Latest update April 16th, 2025 7:21 AM
Sep 03, 2009 Features / Columnists, Freddie Kissoon
I appealed to Mr. Karan Singh, when he was the “formidable one” at Guyana Water Incorporated not to fire a sewage worker that had chalked up 35 years of service.
This man, in a country devoid of technical people, knew the Georgetown sewage system better than most GWI officers. I asked Singh what was wrong with suspension
But Singh, for reasons that is bound up with the demographic and cultural evolution of this country, wanted to fire this gentleman.
This article is not on Singh but I believe Singh, like Khurshid Sattaur at the Guyana Revenue Authority (GRA), has set this country back by decades in a sociological area that is so dangerous, an area that threatens the very existence of Guyana.
It is for this reason, we who fought the PNC Government owe to the next generation to fight the PPP Government. I can’t openly say what I want in relation to how I see the policies of Singh when he was Genghis Khan at GWI and the other gentleman at the GRA, but I hope readers have read between the lines.
When is Khurshid Sattaur going to tell the public what discussions he had with Roger Khan’s lawyer? Those who spoke to Simels must take a lie detector test.
I did not meet with Simels alone. Kaieteur News personnel were present, including its publisher, but I will still take the test. I am also insisting that Sattaur and I take the polygraph as to all the wealth or finance we both possess, including all assets.
The Guyana Press Association must insist that there be a comparative examination of houses – mine and many other government officials.
If the engineers conclude that I have even an upper middle class house, based on its architecture and its internal contents, then I will resign from UG and stop writing this column.
If it is not a fancy residence, the kind upper middle class and wealthy people build, then Khurshid Sattaur must resign. I am urging Sattaur to take up this challenge. In the meantime, I again call upon Khurshid Sattaur to disclose what Simels mentioned to him and what he conveyed to Simels. I now return to the story of two police officers.
One was my student, Patrice Henry. I cannot elucidate on the plight of this officer who later became a lawyer, because he has taken the Guyana Police Force and the Police Service Commission to court, but this I can say; for the time I knew him both as a police officer and a UG student, this was an impressive young man that the police force should be happy to have as an attorney working as a superintendent with the force. Why did he have to resort to court action to retain his job?
We move from Patrice Henry to another police superintendent, Simon Mc Bean. Mc Bean’s dilemma hasn’t reached the court as yet so there is still time for a comment.
Let us assume that Mc Bean did evade some procedures for finishing his scholarship in London. He returned to serve his country – one in a million. In a land where such skills as those which Mc Bean acquired are scarce, is there no other way to deal with the petty sin of Mc Bean (assuming that he committed one) but by dismissal?

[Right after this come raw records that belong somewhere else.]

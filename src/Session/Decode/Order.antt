-- ===== src/Session/Decode/Order.antt =====
-- app/src/webrtc/media.cpp: what becomes of the access units that are offered.
use mathlib.Core.List.{Sublist, nil-sublist, append_assoc, append-nil, sublist-append_left}
use mathlib.Core.List.Sublist
use mathlib.Core.Path.{subst}
use booster_nx.Common.{
  ℕ, ◌+◌, ◌≡◌, refl, ap, sym, Bool, true, false, not, ◌&&◌, Option, none, some, List, [], ◌∷◌, ◌++◌,
  map, length, length-append, leb, arith, Bool-cases, inl, inr, if◌then◌else◌,
}
use booster_nx.Session.H264.{contains_idr}
use booster_nx.Session.Decode.{
  DecodeUnit, Decoder, Event, offer, take_one, stall, stop_request, finish, max_queued_units,
  give_up_queue, overflow, drop_unit, push_unit, admit_unit, enqueue, take_unit, finish_unit, step,
  run, takes, decoded, decode_failed, Decoded, note_result, request_reset, decoder_result,
  take_from, finish_with, new_unit, recycle,
}

-- The bytes and the time stamp of a unit.
abbrev pub Content : Type 0
Content = List ℕ × ℕ

abbrev pub content : DecodeUnit → Content
content u = (u.bytes, u.rtp_timestamp)

abbrev pub contents : List DecodeUnit → List Content
contents us = map content us

-- The units that `enqueue_decode_unit` does not turn away at once.
abbrev pub offered_by : Decoder → Event → List Content
offered_by d (offer bytes rtp now) = if takes d bytes then (bytes, rtp) ∷ [] else []
offered_by d v = []

pub offered : Decoder → List Event → List Content
offered d [] = []
offered d (v ∷ vs) = offered_by d v ++ offered (step d v).0 vs

-- Of what waits in `d` and of what is offered, `us` has been taken, the queue of `e` waits, and the
-- rest has been counted as dropped.
abbrev pub Flows : Decoder → List Content → List DecodeUnit → Decoder → Type 0
Flows d inputs us e =
    Sublist (contents us ++ contents e.queue) (contents d.queue ++ inputs)
    × (e.drops + length e.queue + length us ≡ d.drops + length d.queue + length inputs)

contents-append : (us ws : List DecodeUnit) → contents (us ++ ws) ≡ contents us ++ contents ws
contents-append [] ws = refl
contents-append (u ∷ us) ws = ap (λ l. content u ∷ l) (contents-append us ws)

Flows-same : (d : Decoder) → Flows d [] [] d
Flows-same d = (
  subst (λ l. Sublist (contents d.queue) l) (sym (append-nil (contents d.queue)))
      (Sublist.refl (contents d.queue)),
  omega arith,
)

Flows-drop : (d : Decoder) (c : Content) → Flows d (c ∷ []) [] (drop_unit d)
Flows-drop d c = (sublist-append_left (contents d.queue) (c ∷ []), omega arith)

Flows-push :
    (d : Decoder) (bytes : List ℕ) (rtp now : ℕ)
    → Flows d ((bytes, rtp) ∷ []) [] (push_unit d bytes rtp now)
Flows-push d bytes rtp now = (
  subst (λ l. Sublist l (contents d.queue ++ ((bytes, rtp) ∷ [])))
      (sym (contents-append d.queue (new_unit d bytes rtp now ∷ []))) (Sublist.refl _),
  omega (arith, length-append d.queue (new_unit d bytes rtp now ∷ [])),
)

Flows-give_up : (d : Decoder) → Flows d [] [] (give_up_queue d)
Flows-give_up d = (nil-sublist _, omega arith)

Flows-trans :
    (d e f : Decoder) (ins more : List Content) (us ws : List DecodeUnit)
    → Flows d ins us e
    → Flows e more ws f
    → Flows d (ins ++ more) (us ++ ws) f
Flows-trans d e f ins more us ws g h = (
  rw
      (
        contents-append us ws,
        append_assoc (contents us) (contents ws) (contents f.queue),
        ← append_assoc (contents d.queue) ins more,
      )
      (Sublist.trans (Sublist.append (Sublist.refl (contents us)) h.0) (
        subst (λ l. Sublist l ((contents d.queue ++ ins) ++ more))
          (append_assoc (contents us) (contents e.queue) more)
          (Sublist.append g.0 (Sublist.refl more)))),
  omega (arith, g.1, h.1, length-append us ws, length-append ins more),
)

admit_unit-Flows :
    (d : Decoder) (bytes : List ℕ) (rtp now : ℕ)
    → Flows d ((bytes, rtp) ∷ []) [] (admit_unit d bytes rtp now)
unfolding admit_unit
admit_unit-Flows d bytes rtp now =
    elim (Bool-cases (d.resync_required && not (contains_idr bytes))) [
      | inl gate ↦ rw gate (Flows-drop d (bytes, rtp))
      | inr passed ↦ rw passed (elim (Bool-cases (leb (max_queued_units d.fps) (length d.queue))) [
        | inl full ↦ rw full (elim (Bool-cases (contains_idr bytes)) [
          | inl idr ↦ rw idr (
              Flows-trans d (overflow d) (push_unit (overflow d) bytes rtp now) []
                ((bytes, rtp) ∷ []) [] [] (Flows-give_up d) (Flows-push (overflow d) bytes rtp now))
          | inr delta ↦ rw delta (
              Flows-trans d (overflow d) (drop_unit (overflow d)) [] ((bytes, rtp) ∷ []) [] []
                (Flows-give_up d) (Flows-drop (overflow d) (bytes, rtp)))
        ])
        | inr room ↦ rw room (Flows-push d bytes rtp now)
      ])
    ]

enqueue-Flows :
    (d : Decoder) (bytes : List ℕ) (rtp now : ℕ)
    → Flows d (if takes d bytes then (bytes, rtp) ∷ [] else []) [] (enqueue d bytes rtp now)
unfolding enqueue
enqueue-Flows d bytes rtp now = elim (Bool-cases (takes d bytes)) [
  | inl e ↦ rw e (admit_unit-Flows d bytes rtp now)
  | inr e ↦ rw e (Flows-same d)
]

take_from-Flows :
    (d : Decoder) (b : Bool) (held : Option DecodeUnit) (queue : List DecodeUnit)
    → queue ≡ d.queue
    → Flows d [] (take_from d b held queue).1 (take_from d b held queue).0
take_from-Flows d true none (u ∷ us) e = (
  subst (λ l. Sublist (contents (u ∷ us)) (contents l ++ [])) e
      (sublist-append_left (contents (u ∷ us)) []),
  omega (arith, ap length e),
)
take_from-Flows d true none [] e = Flows-same d
take_from-Flows d true (some u) queue e = Flows-same d
take_from-Flows d false held queue e = Flows-same d

finish_with-Flows :
    (d : Decoder) (held : Option DecodeUnit) (r : Decoded) (now : ℕ)
    → Flows d [] [] (finish_with d held r now)
finish_with-Flows d none r now = Flows-same d
finish_with-Flows d (some u) r now = noted (decoder_result d.hardware r)
  where
    noted :
        (q : Decoded)
        → Flows d [] [] (record (note_result (request_reset d) u.idr q now) {
          in_flight = none;
          pool = recycle (note_result (request_reset d) u.idr q now).pool u.capacity;
        })
    noted decode_failed = Flows-same d
    noted (decoded n) = Flows-same d

step-Flows : (d : Decoder) (v : Event) → Flows d (offered_by d v) (step d v).1 (step d v).0
unfolding take_unit finish_unit
step-Flows d (offer bytes rtp now) = enqueue-Flows d bytes rtp now
step-Flows d take_one = take_from-Flows d d.running d.in_flight d.queue refl
step-Flows d stall = Flows-give_up d
step-Flows d stop_request = Flows-same d
step-Flows d (finish r now) = finish_with-Flows d d.in_flight r now

-- In every interleaving of the two threads, the units that the decoder thread takes, followed by
-- those that still wait, are in their order among the units that waited at the start followed by
-- those offered since, and the units offered are those taken, those that wait and those that the drop
-- counter has counted.
pub run-Flows : (d : Decoder) (vs : List Event) → Flows d (offered d vs) (run d vs).1 (run d vs).0
unfolding run offered
run-Flows d [] = Flows-same d
run-Flows d (v ∷ vs) =
    Flows-trans d (step d v).0 (run (step d v).0 vs).0 (offered_by d v) (offered (step d v).0 vs)
      (step d v).1 (run (step d v).0 vs).1 (step-Flows d v) (run-Flows (step d v).0 vs)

The last person in the police force that should support dismissal for minor error is the Commissioner. Mr. Henry Greene knows that we go back to Wortmanville, so I guess we know a little bit of each other.
The people in authority have become so jaded that our bureaucracy and governmental structures operate without commonsense. Take the Education Minister. He announced that he is seeking a change in law to increase the retirement age of teachers.
This is coming from the Minister of a country where the shortage of teachers is one of the worst in the world. Why the change was not made a decade ago? In which country in the year 2009, the public service retires employees with university degrees and other specialist education at 55?
No one at the dinner hosted by the Private Sector Commission where the President gave the featured address had the courage to tell the President that Guyana remains backward because we retire our university trained teachers, soldiers, police officers and public sector technicians at 55, and they take their education and give it to richer countries.
Then we beg those very countries for skills to fill the gap and they send young volunteers who come for sun and fun. I guess Naipaul was right – mimic men rule the Caribbean.